Dataset entries
- Opening Delimiter -
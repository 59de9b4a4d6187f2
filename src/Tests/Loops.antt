-- ===== src/Tests/Loops.antt =====
-- The select loops, and the requester, on concrete connections.
use gnyproxy.Prelude.{◌==◌, if◌then◌else◌, ℕ, ◌+◌, ◌≡◌, refl, true, [], ◌∷◌, some, ok, All, arith}
use gnyproxy.Prelude.Int.{pos, negsuc}
use gnyproxy.Select.{Services, Conns, FdSet, Selects, fd_zero, fd_set, Watch, watch, service}
use gnyproxy.Select.Drop.{swap_with_back-replace_by_back}
use gnyproxy.Select.Watched.{Bounded, watch-Bounded, sockets, watch-sockets}
use gnyproxy.Client.{replace_by_back}
use gnyproxy.Client.Loop.{Turn, watched, iterate-Turn}
use gnyproxy.Server.{Server, swap_with_back}
use gnyproxy.Server.Loop.{ServerTurn, iterate-ServerTurn}

-- Connections that hold a number of bytes to write; one with 9 bytes fails when it reads. The world counts
-- what is read, and those that are destroyed in hundreds.
abbrev counters : Services
counters = record {
  World = ℕ;
  Conn = ℕ;
  Init = ℕ;
  creator = λ w c. (w, c);
  update = λ w c. (w, c);
  write_size = λ w c. (c, w, c);
  read = λ w c n. (if c == 9 then negsuc 0 else pos 1, w + 1, c);
  write = λ w c n. (pos 1, w, c);
  destroy = λ w c. w + 100;
}

abbrev three : Conns counters
three = (4, 9) ∷ (6, 0) ∷ (5, 2) ∷ []

abbrev all_ready : Selects
all_ready nfds read_fds write_fds = some (read_fds, write_fds)

abbrev listening : Server counters
listening = record { s = some 3; init_data = 1; conns = three }

iterate-Turn_example :
    Turn counters
      (all_ready
        (watched counters 0 three).nfds
        (watched counters 0 three).read_fds
        (watched counters 0 three).write_fds)
      0
      three
      (gnyproxy.Client.iterate counters all_ready 0 three)
iterate-Turn_example = iterate-Turn counters all_ready 0 three

iterate-ServerTurn_example :
    let v = gnyproxy.Server.Loop.watched counters 3 0 listening in
    ServerTurn counters
      (all_ready v.nfds v.read_fds v.write_fds)
      3
      (some 8)
      0
      listening
      (gnyproxy.Server.iterate counters all_ready (some 8) 0 listening)
iterate-ServerTurn_example = iterate-ServerTurn counters all_ready (some 8) 0 listening 3 refl

watch-Bounded_example : Bounded counters (watch counters three 0 0 fd_zero fd_zero)
watch-Bounded_example =
    watch-Bounded counters three 0 0 fd_zero fd_zero (λ s h. absurd (cc)) (λ s h. absurd (cc))

watch-sockets_example :
    let v = watch counters three 0 0 fd_zero fd_zero in
    (sockets counters v.conns ≡ sockets counters three)
    × All (λ s. v.read_fds s ≡ true) (sockets counters three)
watch-sockets_example = watch-sockets counters three 0 0 fd_zero fd_zero

swap_with_back-replace_by_back_example : swap_with_back three 0 ≡ replace_by_back three 0
swap_with_back-replace_by_back_example = swap_with_back-replace_by_back three 0 (omega arith)

-- The first connection fails and is destroyed, and the others are served.
client_run :
    gnyproxy.Client.iterate counters all_ready 0 three ≡ ok (pos 0, 103, (5, 2) ∷ (6, 0) ∷ [])
unfolding gnyproxy.Client.iterate gnyproxy.Client.after_select service watch gnyproxy.Select.serve
    replace_by_back
client_run = refl
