-- ===== src/Tests/Mux.antt =====
-- A multiplexed connection on concrete calls.
use gnyproxy.Prelude.{ℕ, ◌≡◌, true, [], arith, take, drop}
use gnyproxy.Prelude.Int.{pos}
use gnyproxy.Socket.{received}
use gnyproxy.Multiconn.{
  Virtual, Calls, Multiconn, create, get_write_size, write, add_virtual_connection, update,
  size_bytes, store, full_size,
}
use gnyproxy.Multiconn.Frame.{full_size-size_bytes}
use gnyproxy.Multiconn.Queue.{IsSound}
use gnyproxy.Multiconn.Steps.{creates, sizes, writes, adds, updates, Reached-IsSound}

-- Virtual connections that hold a number of bytes to write.
abbrev counters : Virtual
counters = record {
  Conn = ℕ;
  created = 0;
  write_size = λ c. (c, c);
  read = λ c n. (pos n, c);
  write = λ c n. (pos n, 0);
}

abbrev calls : Calls
calls = record {
  recv_id = received [];
  recv_sz = λ n. received [];
  send_id = λ id. pos 1;
  send_sz = λ bytes. pos 2;
  can_first = true;
  can_second = true;
}

abbrev two_added : Multiconn counters
two_added =
    (add_virtual_connection counters (add_virtual_connection counters (create counters) 3).1 5).1

abbrev first_written : Multiconn counters
first_written = (write counters calls (get_write_size counters two_added).1 100).1

Reached-IsSound_example : IsSound (update counters first_written)
Reached-IsSound_example = Reached-IsSound (update counters first_written) (
    updates first_written (
      writes calls (get_write_size counters two_added).1 100 (
        sizes two_added (
          adds (add_virtual_connection counters (create counters) 3).1 5
            (adds (create counters) 3 creates)))))

full_size-size_bytes_example :
    (full_size counters (store counters 0 0 (size_bytes counters 300)) ≡ 300)
    × (full_size counters (
          store counters
            (store counters 0 0 (take 1 (size_bytes counters 300)))
            1
            (drop 1 (size_bytes counters 300)))
        ≡ 300)
full_size-size_bytes_example = full_size-size_bytes counters 300 (omega arith) (omega arith)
- Closing Delimiter -
Exercise details -> Using the entries above, print each one again without any alteration.

Reply ->
repository 59de9b4a4d6187f2
filename src/Tests/Loops.antt
-- ===== src/Tests/Loops.antt =====
-- The select loops, and the requester, on concrete connections.
use gnyproxy.Prelude.{◌==◌, if◌then◌else◌, ℕ, ◌+◌, ◌≡◌, refl, true, [], ◌∷◌, some, ok, All, arith}
use gnyproxy.Prelude.Int.{pos, negsuc}
use gnyproxy.Select.{Services, Conns, FdSet, Selects, fd_zero, fd_set, Watch, watch, service}
use gnyproxy.Select.Drop.{swap_with_back-replace_by_back}
use gnyproxy.Select.Watched.{Bounded, watch-Bounded, sockets, watch-sockets}
use gnyproxy.Client.{replace_by_back}
use gnyproxy.Client.Loop.{Turn, watched, iterate-Turn}
use gnyproxy.Server.{Server, swap_with_back}
use gnyproxy.Server.Loop.{ServerTurn, iterate-ServerTurn}

-- Connections that hold a number of bytes to write; one with 9 bytes fails when it reads. The world counts
-- what is read, and those that are destroyed in hundreds.
abbrev counters : Services
counters = record {
  World = ℕ;
  Conn = ℕ;
  Init = ℕ;
  creator = λ w c. (w, c);
  update = λ w c. (w, c);
  write_size = λ w c. (c, w, c);
  read = λ w c n. (if c == 9 then negsuc 0 else pos 1, w + 1, c);
  write = λ w c n. (pos 1, w, c);
  destroy = λ w c. w + 100;
}

abbrev three : Conns counters
three = (4, 9) ∷ (6, 0) ∷ (5, 2) ∷ []

abbrev all_ready : Selects
all_ready nfds read_fds write_fds = some (read_fds, write_fds)

abbrev listening : Server counters
listening = record { s = some 3; init_data = 1; conns = three }

iterate-Turn_example :
    Turn counters
      (all_ready
        (watched counters 0 three).nfds
        (watched counters 0 three).read_fds
        (watched counters 0 three).write_fds)
      0
      three
      (gnyproxy.Client.iterate counters all_ready 0 three)
iterate-Turn_example = iterate-Turn counters all_ready 0 three

iterate-ServerTurn_example :
    let v = gnyproxy.Server.Loop.watched counters 3 0 listening in
    ServerTurn counters
      (all_ready v.nfds v.read_fds v.write_fds)
      3
      (some 8)
      0
      listening
      (gnyproxy.Server.iterate counters all_ready (some 8) 0 listening)
iterate-ServerTurn_example = iterate-ServerTurn counters all_ready (some 8) 0 listening 3 refl

watch-Bounded_example : Bounded counters (watch counters three 0 0 fd_zero fd_zero)
watch-Bounded_example =
    watch-Bounded counters three 0 0 fd_zero fd_zero (λ s h. absurd (cc)) (λ s h. absurd (cc))

watch-sockets_example :
    let v = watch counters three 0 0 fd_zero fd_zero in
    (sockets counters v.conns ≡ sockets counters three)
    × All (λ s. v.read_fds s ≡ true) (sockets counters three)
watch-sockets_example = watch-sockets counters three 0 0 fd_zero fd_zero

swap_with_back-replace_by_back_example : swap_with_back three 0 ≡ replace_by_back three 0
swap_with_back-replace_by_back_example = swap_with_back-replace_by_back three 0 (omega arith)

-- The first connection fails and is destroyed, and the others are served.
client_run :
    gnyproxy.Client.iterate counters all_ready 0 three ≡ ok (pos 0, 103, (5, 2) ∷ (6, 0) ∷ [])
unfolding gnyproxy.Client.iterate gnyproxy.Client.after_select service watch gnyproxy.Select.serve
    replace_by_back
client_run = refl
-- ===== src/Tests/Mux.antt =====
-- A multiplexed connection on concrete calls.
use gnyproxy.Prelude.{ℕ, ◌≡◌, true, [], arith, take, drop}
use gnyproxy.Prelude.Int.{pos}
use gnyproxy.Socket.{received}
use gnyproxy.Multiconn.{
  Virtual, Calls, Multiconn, create, get_write_size, write, add_virtual_connection, update,
  size_bytes, store, full_size,
}
use gnyproxy.Multiconn.Frame.{full_size-size_bytes}
use gnyproxy.Multiconn.Queue.{IsSound}
use gnyproxy.Multiconn.Steps.{creates, sizes, writes, adds, updates, Reached-IsSound}

-- Virtual connections that hold a number of bytes to write.
abbrev counters : Virtual
counters = record {
  Conn = ℕ;
  created = 0;
  write_size = λ c. (c, c);
  read = λ c n. (pos n, c);
  write = λ c n. (pos n, 0);
}

abbrev calls : Calls
calls = record {
  recv_id = received [];
  recv_sz = λ n. received [];
  send_id = λ id. pos 1;
  send_sz = λ bytes. pos 2;
  can_first = true;
  can_second = true;
}

abbrev two_added : Multiconn counters
two_added =
    (add_virtual_connection counters (add_virtual_connection counters (create counters) 3).1 5).1

abbrev first_written : Multiconn counters
first_written = (write counters calls (get_write_size counters two_added).1 100).1

Reached-IsSound_example : IsSound (update counters first_written)
Reached-IsSound_example = Reached-IsSound (update counters first_written) (
    updates first_written (
      writes calls (get_write_size counters two_added).1 100 (
        sizes two_added (
          adds (add_virtual_connection counters (create counters) 3).1 5
            (adds (create counters) 3 creates)))))

full_size-size_bytes_example :
    (full_size counters (store counters 0 0 (size_bytes counters 300)) ≡ 300)
    × (full_size counters (
          store counters
            (store counters 0 0 (take 1 (size_bytes counters 300)))
            1
            (drop 1 (size_bytes counters 300)))
        ≡ 300)
full_size-size_bytes_example = full_size-size_bytes counters 300 (omega arith) (omega arith)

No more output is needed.